Anyway, if any of you folks could point me in the right direction on this, I'd be very grateful....

PS - I've already got part of the process running in a VBScript, so if this could be done in the same VBScript, that'd be a BIG plus!

        Thanks loads for any help you folks can offer,

    Joe (frustrated Mainframe guy) Parker

JP
__________________
JP
 
Old July 23rd, 2007, 07:03 AM
Friend of Wrox
 
Join Date: Mar 2004
Posts: 3,069
Thanks: 0
Thanked 10 Times in 10 Posts
Default

What is the code that is running?

I would do a dupes query first to see how big the problem is. Then use the dpes query to start the code. For example, if there are 60000 records, but only a few hundred are dupes, then it would be a waste to search the whole table. Start with the query that already found the dupes and only search for those records in your table.
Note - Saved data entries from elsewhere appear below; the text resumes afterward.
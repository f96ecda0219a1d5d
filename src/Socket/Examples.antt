-- ===== src/Socket/Examples.antt =====
-- A socket that connects, is closed and connects again, and one that listens and is stopped
-- (tw/socket.cc).
use tw_server.Fiber.{main_fiber}
use tw_server.Scheduler.{Scheduler, schedule}
use tw_server.IoManager.{IoManager, Kernel, add_event, read_event, new_context, fd_context_resize}
use tw_server.IoManager.Reachable.{start, start-IsSound}
use tw_server.IoManager.RoundTrip.{waking}
use tw_server.Socket.Cancelling.{cancel_and_close, cancel_and_close-add_event}
use tw_server.Base.{ℕ, ◌≡◌, ok, refl, true, false, [], ◌∷◌, ◌++◌, none, some}
use tw_server.FdManager.{FdCtx}
use tw_server.Socket.{
  Done, inet, unix, ipv4_address, Socket, Answers, opened, closed, new_socket, close, connect,
}
use tw_server.Socket.Lifetime.{Balanced, Life, born, next, connects, closes, Life-close}

abbrev gives : ℕ → Answers
gives fd = record {
  socket = some fd;
  accept = none;
  bind = true;
  connect = true;
  listen = true;
  getsockname = some 1;
  getpeername = some 2;
}

abbrev online : ℕ → Socket
online fd = record {
  sock = some fd;
  family = inet;
  is_connected = true;
  local_address = some (record { kind = ipv4_address; contents = 1 });
  remote_address = some (record { kind = ipv4_address; contents = 2 });
}

two_lives : Life inet (opened 5 ∷ closed 5 ∷ opened 6 ∷ []) (online 6)
unfolding new_socket connect close
two_lives =
    next
      (next
        (next born (
          connects (gives 5) true
            (record { socket = online 5; effects = opened 5 ∷ []; result = true }) refl))
        closes)
      (connects (gives 6) true
        (record { socket = online 6; effects = opened 6 ∷ []; result = true }) refl)

Life-close_example :
    Balanced none ((opened 5 ∷ closed 5 ∷ opened 6 ∷ []) ++ (close (online 6)).effects) none
Life-close_example = Life-close two_lives

abbrev local : Socket
local = record {
  sock = some 5;
  family = unix;
  is_connected = false;
  local_address = none;
  remote_address = none;
}

abbrev known : FdCtx
known = record {
  is_init = true;
  is_socket = true;
  sys_non_block = true;
  usr_non_block = false;
  is_closed = false;
  fd = 5;
  recv_timeout = 7;
  send_timeout = 8;
}

abbrev idle_scheduler : Scheduler
idle_scheduler = record {
  fibers = λ p. main_fiber;
  tasks = [];
  active = 1;
  idle = 0;
  is_stopping = false;
  autostop = false;
}

abbrev accepts : Kernel
accepts = record { ctl = λ op fd m. true; pipe = true; current = some 0 }

abbrev listening : Socket
listening = record {
  sock = some 5;
  family = inet;
  is_connected = false;
  local_address = none;
  remote_address = none;
}

cancel_and_close-add_event_example :
    (io1 io2 : IoManager) × (d : Done) × (add_event accepts 5 read_event none 7
        (start idle_scheduler)
      ≡ ok (io1, true))
    × (cancel_and_close accepts listening io1 ≡ ok (io2, d))
    × (io2.contexts ≡ (start idle_scheduler).contexts)
    × (io2.pending ≡ (start idle_scheduler).pending)
    × (io2.scheduler ≡ (schedule (waking none 7) idle_scheduler).0)
    × (d.socket.sock ≡ none)
    × (d.effects ≡ closed 5 ∷ [])
unfolding main_fiber new_context fd_context_resize
cancel_and_close-add_event_example =
    cancel_and_close-add_event accepts accepts listening 5 7 new_context (start idle_scheduler) refl
      (start-IsSound idle_scheduler) refl refl refl refl refl refl refl refl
Next issue: How do you choose which of the duped records to delete? Or do you care?

Next issue: Add a PK field to the table now.



mmcdonal
 
Old July 23rd, 2007, 09:29 AM
Authorized User
 
Join Date: Jul 2007
Posts: 32
Thanks: 0
Thanked 0 Times in 0 Posts
Default

Thanks for the reply!

 Maybe it's best I lay the whole mess out here....
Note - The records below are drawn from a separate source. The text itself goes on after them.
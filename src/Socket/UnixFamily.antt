-- ===== src/Socket/UnixFamily.antt =====
-- Binding and connecting in the unix family (tw/socket.cc).
use tw_server.Base.{◌≡◌, refl, true, ℕ, none, some, fail, Fault}
use tw_server.Socket.{
  unix, Socket, Answers, new_name, set_length, fetch_name, get_local_address, ensure_valid, bind,
  connected, connect,
}

-- Where a socket of the unix family has a descriptor and no name yet, and the kernel accepts the
-- call and gives the name, `bind` and `connect` follow a null pointer.
unix_null :
    (k : Answers) (fd c : ℕ) (s : Socket)
    → s.family ≡ unix
    → s.sock ≡ some fd
    → s.local_address ≡ none
    → k.bind ≡ true
    → k.connect ≡ true
    → k.getsockname ≡ some c
    → (bind k true s ≡ fail Fault.null_deref) × (connect k true s ≡ fail Fault.null_deref)
unfolding bind connect connected ensure_valid get_local_address fetch_name set_length new_name
unix_null k fd c s f o l b n a = (rw (f, o, l, b, a) refl, rw (f, o, l, n, a) refl)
     There's a process which takes .csv files and stuffs them in the table programmatically. I'm practically promised that there WILL be entries in theses files that will be duplicates of existing ones... Problem is, that if I use a Primary key in the table, any record in the .csv file that would duplicate an existing record in the table will cause the whole append operation to fail. That's why I need to allow the dups in the first place....
   However, I DON'T want them to be in the table when I'm done, so I'm trying to eliminate the dups from the table after the "append" process completes.

  As far as the "which to keep" consideration is concerned, it doesn't matter, as any records that are dups in the fields I'm trying to "select unique" on will be truly dups, and can be safely pitched in the bit-bucket.

FWIW, here's the code that stuff the data in the table:

Dim path, fso, cnv, prj, numf, accApp
path = "c:\inetpub\ftproot"
prj = "c:\SmartSys1.converterx"
numf = 0
Set accApp = CreateObject("Access.Application")
Set cnv = CreateObject( "ConverterX.ConverterX.1" ) '<----- Create TextConverter object
Set fso = CreateObject("Scripting.FileSystemObject") '<----- Create File System object
cnv.OpenProject( prj ) '<----- Load the TextConverter Project
cnv.append = false '<----- Set the Append property to false
numf = numf + ScanFolders(fso.GetFolder( path )) '<----- Main Scanning procedure call
'MsgBox "Files converted: " & numf

'--------------------------
Function ScanFolders( folder ) '<----- Recursive folder scanning procedure
Dim sfs, sf, fls, nf, src
Set sfs = folder.SubFolders
For Each sf in sfs: nf = nf + ScanFolders( sf ): Next
Set fls = folder.Files
For Each fl in fls
    fn = fl.name
    If LCase(fso.GetExtensionName(fn)) = "csv" Then
        src = folder.Path & "\" & fn
        'MsgBox src
        cnv.LoadTextFile src, false '<----- Load Input Text File
        cnv.append = true '<----- Set the Append property to true for the following

conversions
        cnv.Convert()
     End If
Next
ScanFolders = nf
End Function

Thanks again for your attention/assistance!

      Joe

JP
 
Old July 23rd, 2007, 09:45 AM
Friend of Wrox
 
Join Date: Mar 2004
Posts: 3,069
Thanks: 0
Thanked 10 Times in 10 Posts
Default

As far as the PK, you need to have one in there anyway, but not really used to weed dupes out as they are coming in.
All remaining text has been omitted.